Exercise requirements:
Could you write out the records exactly as they are given?

Data excerpts
▬▬▬
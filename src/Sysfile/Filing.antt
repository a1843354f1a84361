-- ===== src/Sysfile/Filing.antt =====
-- The triples of the operations on open files.
use csse332lab.Base.{
  ℕ, ◌≡◌, ◌≢◌, refl, sym, subst, ◌∙◌, Bool, Option, none, some, List, ◌∷◌, ap, update_self, count,
}
use csse332lab.Files.{Ftable, File, fd_none, nfile, filealloc}
use csse332lab.Files.Refs.{Counted, Allocated, given, full, filealloc-Allocated}
use csse332lab.Files.Sharing.{
  filealloc-Counted, filealloc_full, set-Counted, filedup-Counted, filedup-some,
}
use csse332lab.Sysfile.{Sys, dup_file}
use csse332lab.Sysfile.Calls.{alloc_file, set_file}
use csse332lab.Sysfile.Held.{count-split}
use csse332lab.Sysfile.Rules.{Yields, Triple}
use csse332lab.Sysfile.Triples.{Kept}

-- A reference more to a file to which there is one.
pub dup_file_lem :
    (op : Bool) (refs : List ℕ) (fds : ℕ → Option ℕ) (f : ℕ)
    → count f refs ≢ 0
    → Triple (Kept op refs fds) (dup_file f) (λ _. Kept op (f ∷ refs) fds)
unfolding dup_file
dup_file_lem op refs fds f ne = record {
  runs = λ s h.
      let (xs, ys, e) = count-split f refs ne in
      let counted = subst (Counted s.files) e h.counted in
      let dup = filedup-some s.files f xs ys counted in
      rw (Yields, dup)
        (record {
          in_op = h.in_op;
          counted = rw e (filedup-Counted s.files f xs ys counted _ dup);
          same = h.same;
        });
}

-- Who has a reference sets the other fields.
pub set_file_lem :
    (op : Bool) (refs : List ℕ) (fds : ℕ → Option ℕ) (f : ℕ) (g : File → File)
    → count f refs ≢ 0
    → ((x : File) → (g x).ref ≡ x.ref)
    → Triple (Kept op refs fds) (set_file f g) (λ _. Kept op refs fds)
unfolding set_file
set_file_lem op refs fds f g ne keeps = record {
  runs = λ s h.
      let (xs, ys, e) = count-split f refs ne in
      record {
        in_op = h.in_op;
        counted = rw e (
            set-Counted s.files f xs ys (subst (Counted s.files) e h.counted) (g (s.files f))
              (keeps (s.files f)));
        same = h.same;
      };
}

abbrev pub Fresh : Bool → List ℕ → (ℕ → Option ℕ) → Option ℕ → Sys → Type 0
Fresh op refs fds none s = Kept op refs fds s
Fresh op refs fds (some f) s = Kept op (f ∷ refs) fds s × ((s.files f).type ≡ fd_none)

pub alloc_file_lem :
    (op : Bool) (refs : List ℕ) (fds : ℕ → Option ℕ)
    → Triple (Kept op refs fds) alloc_file (Fresh op refs fds)
unfolding alloc_file
alloc_file_lem op refs fds = record {
  runs = λ s h. go s h (filealloc s.files) refl (filealloc-Allocated s.files);
}
  where
    go :
        (s : Sys)
        → Kept op refs fds s
        → (r : Option ℕ × Ftable) → filealloc s.files ≡ r
        → Allocated s.files 0 nfile r
        → Fresh op refs fds r.0 (record s { files = r.1 })
    go s h _ e (given f le lt z) = (
      record {
        in_op = h.in_op;
        counted = filealloc-Counted s.files _ refs f h.counted e;
        same = h.same;
      },
      ap (λ x. x.type) (update_self s.files f (record (s.files f) { ref = 1 }))
          ∙ h.counted.unused f lt z,
    )
    go s h _ e (full none_free) = record {
      in_op = h.in_op;
      counted = filealloc_full s.files _ refs h.counted e;
      same = h.same;
    }

-- A file that is given has had no references.
abbrev pub IsNew : List ℕ → Option ℕ → Type 0
IsNew refs none = Unit
IsNew refs (some f) = count f refs ≡ 0

pub alloc_file-IsNew :
    (op : Bool) (refs : List ℕ) (fds : ℕ → Option ℕ)
    → Triple (Kept op refs fds) alloc_file (λ r _. IsNew refs r)
unfolding alloc_file
alloc_file-IsNew op refs fds = record {
  runs = λ s h. go s h (filealloc s.files) (filealloc-Allocated s.files);
}
  where
    go :
        (s : Sys)
        → Kept op refs fds s
        → (r : Option ℕ × Ftable) → Allocated s.files 0 nfile r
        → IsNew refs r.0
    go s h _ (given f le lt z) = sym (h.counted.counted f lt) ∙ z
    go s h _ (full none_free) = tt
▬▬▬
Output below:
filename src/Sysfile/Filing.antt
repository a1843354f1a84361
-- ===== src/Sysfile/Filing.antt =====
-- The triples of the operations on open files.
use csse332lab.Base.{
  ℕ, ◌≡◌, ◌≢◌, refl, sym, subst, ◌∙◌, Bool, Option, none, some, List, ◌∷◌, ap, update_self, count,
}
use csse332lab.Files.{Ftable, File, fd_none, nfile, filealloc}
use csse332lab.Files.Refs.{Counted, Allocated, given, full, filealloc-Allocated}
use csse332lab.Files.Sharing.{
  filealloc-Counted, filealloc_full, set-Counted, filedup-Counted, filedup-some,
}
use csse332lab.Sysfile.{Sys, dup_file}
use csse332lab.Sysfile.Calls.{alloc_file, set_file}
use csse332lab.Sysfile.Held.{count-split}
use csse332lab.Sysfile.Rules.{Yields, Triple}
use csse332lab.Sysfile.Triples.{Kept}

-- A reference more to a file to which there is one.
pub dup_file_lem :
    (op : Bool) (refs : List ℕ) (fds : ℕ → Option ℕ) (f : ℕ)
    → count f refs ≢ 0
    → Triple (Kept op refs fds) (dup_file f) (λ _. Kept op (f ∷ refs) fds)
unfolding dup_file
dup_file_lem op refs fds f ne = record {
  runs = λ s h.
      let (xs, ys, e) = count-split f refs ne in
      let counted = subst (Counted s.files) e h.counted in
      let dup = filedup-some s.files f xs ys counted in
      rw (Yields, dup)
        (record {
          in_op = h.in_op;
          counted = rw e (filedup-Counted s.files f xs ys counted _ dup);
          same = h.same;
        });
}

-- Who has a reference sets the other fields.
pub set_file_lem :
    (op : Bool) (refs : List ℕ) (fds : ℕ → Option ℕ) (f : ℕ) (g : File → File)
    → count f refs ≢ 0
    → ((x : File) → (g x).ref ≡ x.ref)
    → Triple (Kept op refs fds) (set_file f g) (λ _. Kept op refs fds)
unfolding set_file
set_file_lem op refs fds f g ne keeps = record {
  runs = λ s h.
      let (xs, ys, e) = count-split f refs ne in
      record {
        in_op = h.in_op;
        counted = rw e (
            set-Counted s.files f xs ys (subst (Counted s.files) e h.counted) (g (s.files f))
              (keeps (s.files f)));
        same = h.same;
      };
}

abbrev pub Fresh : Bool → List ℕ → (ℕ → Option ℕ) → Option ℕ → Sys → Type 0
Fresh op refs fds none s = Kept op refs fds s
Fresh op refs fds (some f) s = Kept op (f ∷ refs) fds s × ((s.files f).type ≡ fd_none)

pub alloc_file_lem :
    (op : Bool) (refs : List ℕ) (fds : ℕ → Option ℕ)
    → Triple (Kept op refs fds) alloc_file (Fresh op refs fds)
unfolding alloc_file
alloc_file_lem op refs fds = record {
  runs = λ s h. go s h (filealloc s.files) refl (filealloc-Allocated s.files);
}
  where
    go :
        (s : Sys)
        → Kept op refs fds s
        → (r : Option ℕ × Ftable) → filealloc s.files ≡ r
        → Allocated s.files 0 nfile r
        → Fresh op refs fds r.0 (record s { files = r.1 })
    go s h _ e (given f le lt z) = (
      record {
        in_op = h.in_op;
        counted = filealloc-Counted s.files _ refs f h.counted e;
        same = h.same;
      },
      ap (λ x. x.type) (update_self s.files f (record (s.files f) { ref = 1 }))
          ∙ h.counted.unused f lt z,
    )
    go s h _ e (full none_free) = record {
      in_op = h.in_op;
      counted = filealloc_full s.files _ refs h.counted e;
      same = h.same;
    }

-- A file that is given has had no references.
abbrev pub IsNew : List ℕ → Option ℕ → Type 0
IsNew refs none = Unit
IsNew refs (some f) = count f refs ≡ 0

pub alloc_file-IsNew :
    (op : Bool) (refs : List ℕ) (fds : ℕ → Option ℕ)
    → Triple (Kept op refs fds) alloc_file (λ r _. IsNew refs r)
unfolding alloc_file
alloc_file-IsNew op refs fds = record {
  runs = λ s h. go s h (filealloc s.files) (filealloc-Allocated s.files);
}
  where
    go :
        (s : Sys)
        → Kept op refs fds s
        → (r : Option ℕ × Ftable) → Allocated s.files 0 nfile r
        → IsNew refs r.0
    go s h _ (given f le lt z) = sym (h.counted.counted f lt) ∙ z
    go s h _ (full none_free) = tt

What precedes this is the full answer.